→ **Your instructions**: For the entries below, repeat exactly each line starting with the one that contains "every-at test (suc" and going on through the one that contains "pub is_lowest_common : (p m s : ℕ) → Bool", and no others.

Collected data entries
============================================================

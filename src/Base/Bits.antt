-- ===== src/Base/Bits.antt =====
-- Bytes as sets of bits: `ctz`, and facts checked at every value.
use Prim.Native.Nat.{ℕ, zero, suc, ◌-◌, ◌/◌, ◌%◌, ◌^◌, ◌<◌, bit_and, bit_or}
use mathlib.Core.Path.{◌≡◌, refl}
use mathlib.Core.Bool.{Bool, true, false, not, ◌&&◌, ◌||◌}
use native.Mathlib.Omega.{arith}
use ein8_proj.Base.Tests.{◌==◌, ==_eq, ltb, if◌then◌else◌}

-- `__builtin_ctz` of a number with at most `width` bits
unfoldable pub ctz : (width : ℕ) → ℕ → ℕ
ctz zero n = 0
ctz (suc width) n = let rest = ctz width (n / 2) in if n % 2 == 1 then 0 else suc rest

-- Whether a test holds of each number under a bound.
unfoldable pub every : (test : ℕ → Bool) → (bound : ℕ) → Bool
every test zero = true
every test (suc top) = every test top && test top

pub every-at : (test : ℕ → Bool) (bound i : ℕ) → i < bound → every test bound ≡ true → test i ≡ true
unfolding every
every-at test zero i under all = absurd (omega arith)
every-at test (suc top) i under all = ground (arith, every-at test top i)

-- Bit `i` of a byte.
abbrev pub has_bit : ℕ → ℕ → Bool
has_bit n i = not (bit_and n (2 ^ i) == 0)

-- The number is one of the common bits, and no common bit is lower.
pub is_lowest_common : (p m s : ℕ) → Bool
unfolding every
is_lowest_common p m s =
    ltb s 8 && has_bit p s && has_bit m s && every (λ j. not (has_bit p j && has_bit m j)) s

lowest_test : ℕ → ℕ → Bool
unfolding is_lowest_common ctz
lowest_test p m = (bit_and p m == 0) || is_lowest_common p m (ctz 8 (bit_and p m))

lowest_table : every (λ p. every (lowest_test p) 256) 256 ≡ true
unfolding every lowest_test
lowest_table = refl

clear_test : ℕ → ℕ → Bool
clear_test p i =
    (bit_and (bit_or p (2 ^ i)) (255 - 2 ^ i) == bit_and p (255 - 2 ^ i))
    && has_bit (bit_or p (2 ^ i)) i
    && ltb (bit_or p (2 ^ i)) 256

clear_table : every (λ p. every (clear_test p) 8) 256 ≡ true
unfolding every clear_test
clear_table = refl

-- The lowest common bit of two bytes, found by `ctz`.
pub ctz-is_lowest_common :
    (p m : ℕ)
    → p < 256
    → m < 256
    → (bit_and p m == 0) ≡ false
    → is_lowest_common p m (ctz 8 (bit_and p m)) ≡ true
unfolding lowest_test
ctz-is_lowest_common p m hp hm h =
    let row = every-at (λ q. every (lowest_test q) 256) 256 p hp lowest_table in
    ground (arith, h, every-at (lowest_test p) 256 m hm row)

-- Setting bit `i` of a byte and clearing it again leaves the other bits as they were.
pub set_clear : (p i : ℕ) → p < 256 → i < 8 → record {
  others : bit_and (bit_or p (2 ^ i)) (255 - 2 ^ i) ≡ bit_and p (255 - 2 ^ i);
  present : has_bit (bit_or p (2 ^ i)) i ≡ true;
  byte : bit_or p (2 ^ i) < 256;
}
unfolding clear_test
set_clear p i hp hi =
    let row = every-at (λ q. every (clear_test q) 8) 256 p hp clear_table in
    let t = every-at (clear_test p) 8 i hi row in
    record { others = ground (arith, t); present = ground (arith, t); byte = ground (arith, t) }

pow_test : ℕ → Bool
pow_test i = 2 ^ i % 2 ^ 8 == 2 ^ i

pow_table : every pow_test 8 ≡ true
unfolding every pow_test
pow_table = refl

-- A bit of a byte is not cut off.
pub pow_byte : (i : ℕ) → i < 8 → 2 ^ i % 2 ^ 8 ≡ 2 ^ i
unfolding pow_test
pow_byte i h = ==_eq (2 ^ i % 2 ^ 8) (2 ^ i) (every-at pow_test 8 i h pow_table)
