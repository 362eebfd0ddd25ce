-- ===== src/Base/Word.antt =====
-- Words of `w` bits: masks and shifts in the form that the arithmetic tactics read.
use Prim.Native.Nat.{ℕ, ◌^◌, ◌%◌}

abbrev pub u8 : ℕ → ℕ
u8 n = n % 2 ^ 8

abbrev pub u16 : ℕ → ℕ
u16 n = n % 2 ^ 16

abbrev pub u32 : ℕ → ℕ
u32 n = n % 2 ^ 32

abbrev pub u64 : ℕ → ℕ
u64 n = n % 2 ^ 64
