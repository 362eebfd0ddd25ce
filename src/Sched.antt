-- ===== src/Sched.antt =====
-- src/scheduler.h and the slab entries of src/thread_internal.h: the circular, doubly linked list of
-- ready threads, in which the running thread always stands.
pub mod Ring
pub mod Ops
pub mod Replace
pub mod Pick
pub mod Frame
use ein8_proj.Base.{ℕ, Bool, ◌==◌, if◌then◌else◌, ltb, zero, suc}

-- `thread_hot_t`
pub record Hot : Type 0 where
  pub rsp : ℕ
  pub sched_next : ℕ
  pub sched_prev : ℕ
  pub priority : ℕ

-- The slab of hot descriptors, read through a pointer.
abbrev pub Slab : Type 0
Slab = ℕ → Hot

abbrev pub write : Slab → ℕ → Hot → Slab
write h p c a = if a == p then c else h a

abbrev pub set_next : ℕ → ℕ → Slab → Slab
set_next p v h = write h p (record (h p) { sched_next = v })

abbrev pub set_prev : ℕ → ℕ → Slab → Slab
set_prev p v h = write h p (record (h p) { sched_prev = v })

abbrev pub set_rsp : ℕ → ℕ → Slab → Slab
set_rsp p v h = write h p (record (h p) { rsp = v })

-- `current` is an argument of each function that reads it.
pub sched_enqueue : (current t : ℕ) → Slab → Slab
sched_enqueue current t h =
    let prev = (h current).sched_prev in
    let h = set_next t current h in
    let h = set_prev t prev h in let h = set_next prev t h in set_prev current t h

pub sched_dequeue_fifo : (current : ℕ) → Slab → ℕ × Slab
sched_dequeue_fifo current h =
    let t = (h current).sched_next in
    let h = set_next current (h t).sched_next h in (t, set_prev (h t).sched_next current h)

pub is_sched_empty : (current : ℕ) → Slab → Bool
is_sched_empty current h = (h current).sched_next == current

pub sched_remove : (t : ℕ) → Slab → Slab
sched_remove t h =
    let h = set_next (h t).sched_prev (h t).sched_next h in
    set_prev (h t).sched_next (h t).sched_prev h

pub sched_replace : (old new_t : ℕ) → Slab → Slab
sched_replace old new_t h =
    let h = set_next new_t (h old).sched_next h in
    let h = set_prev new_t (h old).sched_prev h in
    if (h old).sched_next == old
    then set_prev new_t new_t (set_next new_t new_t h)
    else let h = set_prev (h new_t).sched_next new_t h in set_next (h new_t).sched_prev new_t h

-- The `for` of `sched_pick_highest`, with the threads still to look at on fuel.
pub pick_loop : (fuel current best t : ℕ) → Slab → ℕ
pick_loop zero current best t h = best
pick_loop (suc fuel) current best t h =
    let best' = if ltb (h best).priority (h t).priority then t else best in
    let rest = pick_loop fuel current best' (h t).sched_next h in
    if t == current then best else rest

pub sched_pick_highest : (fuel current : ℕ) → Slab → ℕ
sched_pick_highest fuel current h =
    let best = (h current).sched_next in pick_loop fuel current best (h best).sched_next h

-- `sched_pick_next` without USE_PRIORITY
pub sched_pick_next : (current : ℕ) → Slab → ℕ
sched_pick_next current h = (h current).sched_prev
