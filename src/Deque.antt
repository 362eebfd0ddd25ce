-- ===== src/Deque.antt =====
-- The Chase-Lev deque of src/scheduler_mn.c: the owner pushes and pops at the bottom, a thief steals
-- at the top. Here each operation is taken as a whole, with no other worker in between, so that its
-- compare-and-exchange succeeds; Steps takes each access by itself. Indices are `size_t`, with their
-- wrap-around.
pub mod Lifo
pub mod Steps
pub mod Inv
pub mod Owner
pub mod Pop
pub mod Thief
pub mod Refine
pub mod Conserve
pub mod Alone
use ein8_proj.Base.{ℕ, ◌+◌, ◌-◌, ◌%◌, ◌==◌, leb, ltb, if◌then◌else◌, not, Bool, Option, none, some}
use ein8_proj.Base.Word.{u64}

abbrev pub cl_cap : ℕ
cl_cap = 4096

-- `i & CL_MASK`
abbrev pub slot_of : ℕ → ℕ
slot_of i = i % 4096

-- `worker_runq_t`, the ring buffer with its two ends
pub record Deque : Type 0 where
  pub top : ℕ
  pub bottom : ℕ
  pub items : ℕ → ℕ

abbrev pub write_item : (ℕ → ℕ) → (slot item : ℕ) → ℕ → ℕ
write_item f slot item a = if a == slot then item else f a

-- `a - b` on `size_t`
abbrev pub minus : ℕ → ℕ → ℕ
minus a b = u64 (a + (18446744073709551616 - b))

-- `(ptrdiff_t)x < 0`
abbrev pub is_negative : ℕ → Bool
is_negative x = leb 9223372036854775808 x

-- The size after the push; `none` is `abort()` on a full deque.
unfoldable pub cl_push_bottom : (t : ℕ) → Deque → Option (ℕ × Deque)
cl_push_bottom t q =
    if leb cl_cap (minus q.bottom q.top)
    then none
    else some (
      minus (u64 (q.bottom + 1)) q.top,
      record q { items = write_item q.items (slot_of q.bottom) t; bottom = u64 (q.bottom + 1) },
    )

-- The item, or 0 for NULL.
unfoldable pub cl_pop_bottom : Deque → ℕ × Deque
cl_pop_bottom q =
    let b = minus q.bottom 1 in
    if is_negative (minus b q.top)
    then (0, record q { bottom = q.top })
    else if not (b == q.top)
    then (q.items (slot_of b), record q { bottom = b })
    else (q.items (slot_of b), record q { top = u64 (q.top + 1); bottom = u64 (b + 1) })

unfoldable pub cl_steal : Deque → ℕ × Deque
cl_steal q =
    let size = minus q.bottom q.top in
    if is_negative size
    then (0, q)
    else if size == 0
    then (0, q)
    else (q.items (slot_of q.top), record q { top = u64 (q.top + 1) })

============================================================

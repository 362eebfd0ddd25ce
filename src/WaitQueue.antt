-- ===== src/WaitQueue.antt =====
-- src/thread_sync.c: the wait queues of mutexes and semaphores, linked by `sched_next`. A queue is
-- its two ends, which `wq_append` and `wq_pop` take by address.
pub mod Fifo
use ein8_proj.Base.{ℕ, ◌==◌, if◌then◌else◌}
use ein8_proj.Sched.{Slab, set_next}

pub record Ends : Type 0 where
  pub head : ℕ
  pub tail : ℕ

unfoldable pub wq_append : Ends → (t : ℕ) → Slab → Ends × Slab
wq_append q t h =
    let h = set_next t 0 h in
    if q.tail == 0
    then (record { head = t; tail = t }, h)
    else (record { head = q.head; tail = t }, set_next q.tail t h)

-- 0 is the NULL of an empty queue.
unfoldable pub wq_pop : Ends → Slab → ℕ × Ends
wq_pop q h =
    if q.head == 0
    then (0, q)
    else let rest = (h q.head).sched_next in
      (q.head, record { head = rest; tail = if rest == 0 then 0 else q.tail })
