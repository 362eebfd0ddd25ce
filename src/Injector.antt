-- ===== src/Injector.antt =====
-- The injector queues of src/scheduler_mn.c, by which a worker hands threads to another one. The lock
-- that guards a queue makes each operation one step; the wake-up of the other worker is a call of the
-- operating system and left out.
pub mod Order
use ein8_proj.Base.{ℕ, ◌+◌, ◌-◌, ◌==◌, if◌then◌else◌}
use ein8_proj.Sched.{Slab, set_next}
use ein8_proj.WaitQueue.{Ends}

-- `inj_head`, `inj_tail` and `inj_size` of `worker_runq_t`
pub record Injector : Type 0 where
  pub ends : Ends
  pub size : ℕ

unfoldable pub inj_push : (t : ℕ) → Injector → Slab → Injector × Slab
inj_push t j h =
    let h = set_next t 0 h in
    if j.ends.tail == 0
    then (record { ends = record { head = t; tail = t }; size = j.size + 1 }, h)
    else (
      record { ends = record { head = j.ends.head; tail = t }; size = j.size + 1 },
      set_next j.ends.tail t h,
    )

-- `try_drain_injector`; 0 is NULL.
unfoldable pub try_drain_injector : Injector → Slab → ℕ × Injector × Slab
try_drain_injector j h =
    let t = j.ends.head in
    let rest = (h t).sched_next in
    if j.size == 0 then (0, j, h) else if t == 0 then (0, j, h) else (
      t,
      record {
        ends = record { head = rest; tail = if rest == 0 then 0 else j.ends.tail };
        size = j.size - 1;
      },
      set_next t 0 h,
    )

============================================================

→ **Answer to the exercise**:
every-at test (suc top) i under all = ground (arith, every-at test top i)

-- Bit `i` of a byte.
abbrev pub has_bit : ℕ → ℕ → Bool
has_bit n i = not (bit_and n (2 ^ i) == 0)

-- The number is one of the common bits, and no common bit is lower.
pub is_lowest_common : (p m s : ℕ) → Bool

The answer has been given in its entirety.